# Encode handheld.pl



## waveandalucia (1 Mars 2010)

Bonjour,
Etant en possession d'une PSP depuis Noël, j'essaye désespérément d'encoder des vidéos ayant, au final, une qualité [très] convenable. Cependant, c'est assez difficile avec un Mac de trouver ce genre de logiciel surtout que c'est la jungle.
Enfin bref, au bout de plusieurs heures de recherche, j'ai trouvé quelque chose qui semble très intéressant. Encode Handheld.pl (non, ce n'est pas un site hélas). Mon principal problème est que je ne sais pas du tout, mais alors pas du tout, comment l'utiliser. Surtout que je n'ai trouvé aucun site "officiel" ni même d'explication sur internet, c'est assez sombre. La preuve: je l'ai trouvé uniquement téléchargeable par le biais du réseau bittorent (j'espère que ce n'est pas illégal pour autant).
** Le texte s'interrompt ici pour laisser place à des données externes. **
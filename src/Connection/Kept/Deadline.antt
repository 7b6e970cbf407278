-- ===== src/Connection/Kept/Deadline.antt =====
-- `poll_timer` keeps what is kept.
use cobs_io_async_rs.Connection.Deadline.{
  allowance_over, final_input_len, polled_deadline, retransmit, run_deadline, poll_timer,
}
use cobs_io_async_rs.Connection.Kept.{IsKept}
use cobs_io_async_rs.Connection.State.{
  Tx, idle, queued, sending, waiting, Work, Reliable, Outcome, is_waiting,
}
use cobs_io_async_rs.Prelude.Exec.Holds.{if-Holds}
use cobs_io_async_rs.Prelude.{ℕ, ◌≡◌, refl, Option, none, some, leb, true, arith}
use cobs_io_async_rs.Transport.{Waker, Poll, ready, pending, Transport, Timer}

waiting-eq : (tx : Tx) → is_waiting tx ≡ true → tx ≡ waiting
waiting-eq waiting e = refl
waiting-eq idle e = absurd (cc e)
waiting-eq queued e = absurd (cc e)
waiting-eq sending e = absurd (cc e)

module _ {T C E : Type 0} (link : Transport T E) (clock : Timer C) (capacity : ℕ)
    (P : Reliable T C E → Type 0) (k : IsKept link clock capacity P) where
  abbrev After : Outcome T C E → Type 0
  After (c, r) = P c

  allowed : (c : Reliable T C E) (left : Option ℕ) → P c → P (record c { final_input = left })
  allowed c left v = k.plumbing c c.timer c.health left c.waiters c.woken v

  retransmit_kept :
      (c : Reliable T C E) → c.tx ≡ waiting → P c → After (retransmit clock capacity c)
  unfolding retransmit
  retransmit_kept c e v =
      if-Holds After (leb c.config.max_retries c.tx_retries) (λ x. allowed c none v)
        (λ more. k.again c e (ground arith) v)

  polled_deadline_kept :
      (c : Reliable T C E) (p : Poll (Unit {0})) → P c → After (polled_deadline clock capacity c p)
  unfolding polled_deadline
  polled_deadline_kept c pending v = v
  polled_deadline_kept c (ready u) v = allowed c (some (final_input_len capacity)) v

  run_deadline_kept :
      (cx : Waker) (input : Work) (left : Option ℕ) (c : Reliable T C E)
      → c.tx ≡ waiting
      → P c
      → After (run_deadline clock capacity cx input left c)
  unfolding run_deadline
  run_deadline_kept cx input none c e v =
      let t = clock.poll_deadline c.timer cx c.tx_deadline in
      polled_deadline_kept (record c { timer = t.0 }) t.1
        (k.plumbing c t.0 c.health c.final_input c.waiters c.woken v)
  run_deadline_kept cx input (some left) c e v =
      if-Holds After (allowance_over input left) (λ x. retransmit_kept c e v) (λ x. v)

  pub poll_timer_kept :
      (cx : Waker) (input : Work) (c : Reliable T C E)
      → P c
      → After (poll_timer clock capacity cx input c)
  unfolding poll_timer
  poll_timer_kept cx input c v =
      if-Holds After (is_waiting c.tx)
        (λ e. run_deadline_kept cx input c.final_input c (waiting-eq c.tx e) v) (λ e. v)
Donc bon, me voila avec cette chose qui ne me sert a rien pour l'instant mais qui me sera très utile, il me semble (enfin j'espère), lorsque je saurais l'utiliser.
La chose se présente de la manière suivante: 
Un fichier PERL (eh ouai, c'est pour ça que je poste ici)
Des dossiers nommés "binaries" avec des codecs, des executables Unix et des README (écrits en hébreu).

Enfin bref, ça devrait être relativement simple pour les personnes qui connaissent un minimum l'utilisation du terminal mais pour moi, c'est du charabia. Je me dis qu'il faut ouvrir le fichier PERL mais ça marche pas. Donc je me tourne vers vous.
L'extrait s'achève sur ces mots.